# Warp 9 vs Warp 11



## lonestarrpm (Aug 18, 2011)

A slight hiccup in my motor allocation.

Was sent a Warp 9 when I ordered a Warp 11. Cest le vie.

I can ship back, but supplier didn't have a Warp 11 to replace it with.

I'm just starting my build so I'm playing spreadsheet games now anyways.

My design is a Porsche Boxster S.

Probably a ~240V battery pack with enough to do 156V and 1000 Amps
to the motor. Soliton 1.

Figure the final car is 3000# with Warp 11 and 2900# with the Warp 9.

My goal is to get as close to or better Boxster S performance.

I'll live with whatever range that gives me as a consequence
(I figure that to get that potential 0-60, I'll have plenty for
the range I need)
0-60 5.7s, 255HP, 225ft lbs is the 3.2L Boxster S specs.

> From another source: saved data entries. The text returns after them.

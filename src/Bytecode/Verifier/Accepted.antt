-- ===== src/Bytecode/Verifier/Accepted.antt =====
-- What `verify` promises of the code that it accepts, for the start and for each function of the constants.
use mathlib.Core.Path.{subst}
use gengo.Prelude.{
  ℕ, ◌≤◌, ◌<◌, ◌≡◌, sym, ap, ◌∙◌, List, Bool, true, false, Option, some, ◌==◌, arith, length,
  replicate,
}
use gengo.Bytecode.Checked.{ok, ◌>>=◌, ◌>>◌, on_ok}
use gengo.Bytecode.Scan.{has, scan, check_targets}
use gengo.Bytecode.Scan.Starts.{Chain, here, IsMarked, scan-IsMarked}
use gengo.Bytecode.Walk.{WorkItem, work_item, Entry, run}
use gengo.Bytecode.Walk.Paths.{In, Reach}
use gengo.Bytecode.Verifier.{
  FuncObj, State, main_entry, entry_of, func_bodies, run_bodies, checked_starts, verify_walks,
  verify,
}
use gengo.Bytecode.Verifier.Sound.{Accepts, Agrees, RunsSafely, run-RunsSafely}
use gengo.Bytecode.Verifier.Functions.{
  func_bodies-In, SameBut, Stamps, run_bodies-Stamps, Stamps-In, Stamps-Stamped,
}

-- The parts of a verification that finds nothing wrong.
record Parts (st out : State) : Type 0 where
  pub starts : List Bool
  pub bodies : List Entry
  pub marked : IsMarked st.code (length st.consts) starts
  pub found : func_bodies st.code starts 0 st.consts ≡ ok bodies
  pub main : run st.code starts main_entry ≡ ok out.main_max_stack
  pub stamps : Stamps st.code starts bodies st.consts out.consts

checked_starts-IsMarked :
    (st : State) (starts : List Bool)
    → checked_starts st ≡ ok starts
    → IsMarked st.code (length st.consts) starts
unfolding checked_starts
checked_starts-IsMarked st starts h =
    let s = st.code in
    on_ok (scan s.code_len s (length st.consts) 0 (replicate s.code_len false))
      (λ (marks : List Bool). check_targets s.code_len s marks 0 >> ok marks) h
      λ marks scanned h1.
        on_ok (check_targets s.code_len s marks 0) (λ _. ok marks) h1
          λ _ targets e.
            let same : marks ≡ starts = cc in
            subst (λ (l : List Bool). IsMarked s (length st.consts) l) same
              (scan-IsMarked s (length st.consts) marks scanned targets)

verify-Parts : (st out : State) → verify st ≡ ok out → 0 < st.code.code_len → Parts st out
unfolding verify verify_walks
verify-Parts st out h pos =
    let some_code : (st.code.code_len == 0) ≡ false = ground arith in
    on_ok (checked_starts st) (verify_walks st) (rw some_code at h) λ starts checked h1.
      on_ok (func_bodies st.code starts 0 st.consts)
        (λ (bodies : List Entry). run st.code starts main_entry >>= λ main_max.
          run_bodies st.code starts bodies st.consts >>= λ consts.
          ok (record st { consts = consts; main_max_stack = main_max }))
        h1
        λ bodies found h2.
          on_ok (run st.code starts main_entry)
            (λ (main_max : ℕ). run_bodies st.code starts bodies st.consts >>= λ consts.
              ok (record st { consts = consts; main_max_stack = main_max }))
            h2
            λ main_max main h3.
              on_ok (run_bodies st.code starts bodies st.consts)
                (λ (consts : List (Option FuncObj)).
                  ok (record st { consts = consts; main_max_stack = main_max }))
                h3
                λ consts stamped e.
                  let same : record st { consts = consts; main_max_stack = main_max } ≡ out = cc in
                  record {
                    starts = starts;
                    bodies = bodies;
                    marked = checked_starts-IsMarked st starts checked;
                    found = found;
                    main = main ∙ ap (λ (k : State). ok k.main_max_stack) same;
                    stamps =
                        subst (λ (k : State). Stamps st.code starts bodies st.consts k.consts) same
                          (run_bodies-Stamps st.code starts bodies st.consts consts stamped);
                  }

main_safely :
    (st out : State)
    → verify st ≡ ok out
    → 0 < st.code.code_len
    → RunsSafely st.code (length st.consts) main_entry out.main_max_stack
main_safely st out h pos =
    let parts = verify-Parts st out h pos in
    run-RunsSafely st.code (length st.consts) parts.starts main_entry out.main_max_stack
      parts.marked (parts.marked.row 0 here pos) parts.main

-- On every path of the instructions as the decoder reads them (each is followed by the next, or by the one target that
-- is decoded of it; the second offset of get_local_const_lt_jif_pop_jump is not decoded) from the start of code that
-- is accepted, each address inside the code was accepted, with a depth with which such a path comes to it: the
-- instruction decodes, its decoded constant index is in range, and so is the slot of get_local, set_local,
-- close_upvalue, get_upvalue and set_upvalue, the bytes of its fused parts are there, the stack holds what it pops,
-- and what it leaves is at most main_max_stack.
pub verify-main_addresses :
    (st out : State) (at : WorkItem)
    → verify st ≡ ok out
    → Reach st.code (work_item 0 0) at
    → at.ip < st.code.code_len
    → (d : ℕ) × Reach st.code (work_item 0 0) (work_item at.ip d)
      × Accepts st.code (length st.consts) main_entry out.main_max_stack (work_item at.ip d)
verify-main_addresses st out at h r lt = (main_safely st out h (omega arith) at r lt).0

-- Where paths that meet have the same depth, this holds with the depth of each path: from the start of code that is
-- accepted, no path of the instructions as the decoder reads them pops from an empty stack, uses a decoded constant
-- index or a slot of get_local, set_local, close_upvalue, get_upvalue or set_upvalue that is not there, or needs more
-- than main_max_stack.
pub verify-main_depths :
    (st out : State) (at : WorkItem)
    → verify st ≡ ok out
    → Agrees st.code (work_item 0 0)
    → Reach st.code (work_item 0 0) at
    → at.ip < st.code.code_len
    → Accepts st.code (length st.consts) main_entry out.main_max_stack at
verify-main_depths st out at h agrees r lt = (main_safely st out h (omega arith) at r lt).1 agrees

entries_same : (g f : FuncObj) → SameBut g f → entry_of g ≡ entry_of f
entries_same g f same i = record {
  entry_ip = same.0 i;
  check_ret = false;
  local_base = same.1 i;
  upvalue_count = same.2 i;
}

-- A function of the constants of accepted code, whose body starts at an instruction and in whose body paths that meet
-- have the same depth, is stamped with the depth that its body needs: on every path of the instructions as the decoder
-- reads them from its entry, each instruction is accepted with the arity and captures of the function and leaves at
-- most max_stack, which fits in 16 bits.
pub verify-functions :
    (st out : State) (g : FuncObj) (at : WorkItem)
    → verify st ≡ ok out
    → In (some g) out.consts
    → Chain st.code 0 g.ip
    → g.ip < st.code.code_len
    → Agrees st.code (work_item g.ip 0)
    → Reach st.code (work_item g.ip 0) at
    → at.ip < st.code.code_len
    → (g.max_stack ≤ 65535) × Accepts st.code (length st.consts) (entry_of g) g.max_stack at
verify-functions st out g at h m row inside agrees r lt =
    let parts = verify-Parts st out h (omega arith) in
    let (f, was, same) = Stamps-In parts.stamps g m in
    let at_mark = parts.marked.row g.ip row inside in
    let f_mark = subst (λ (k : ℕ). has parts.starts k ≡ true) same.0 at_mark in
    let body =
      func_bodies-In st.code parts.starts 0 st.consts parts.bodies f parts.found was
        (omega (arith, same.0)) f_mark in
    let (max, ran, low, all) = Stamps-Stamped parts.stamps (entry_of f) body in
    let depth : max ≡ g.max_stack = sym (all g m same.0) in
    let ran' : run st.code parts.starts (entry_of g) ≡ ok g.max_stack =
      ap (run st.code parts.starts) (entries_same g f same) ∙ ran ∙ ap ok depth in
    (
      omega (arith, depth, low),
      (run-RunsSafely st.code (length st.consts) parts.starts (entry_of g) g.max_stack parts.marked
            at_mark ran' at r lt).1
          agrees,
    )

Should I hold out for the Warp 11 -- or will I be satisfied with the Warp 9,
and save a few $$???

thanks,

Mike


----------



## rwaudio (May 22, 2008)

Based on my everything I've read and what others have said I would say the Warp 9 or Warp 11hv are the best choices for a performance vehicle. The Warp 11 won't give you any more power than the 9 it will just allow longer high power bursts as it has more mass to get rid of heat. The 9 is said to have a more usable RPM range for a performance vehicle. I would keep the 9 and call it a blessing in disguise.


----------



## DIYguy (Sep 18, 2008)

I would go for the 11". A 9" may convert energy the same as an 11" but you must have the gears to turn this into performance.... namely acceleration. You may loose some top speed based on peak rpm difference... but the torque falls off significantly up there anyways. Also, the 11" will handle higher power levels.

Bottom line...if you do install the 9" in the car you have, and press the accelerator to the floor, then put in the 11" motor and do the same thing.... you won't be changing it back to the 9". 

From what I have read about your expectations, you want that torque to get your bottom end performance. Go with the 11".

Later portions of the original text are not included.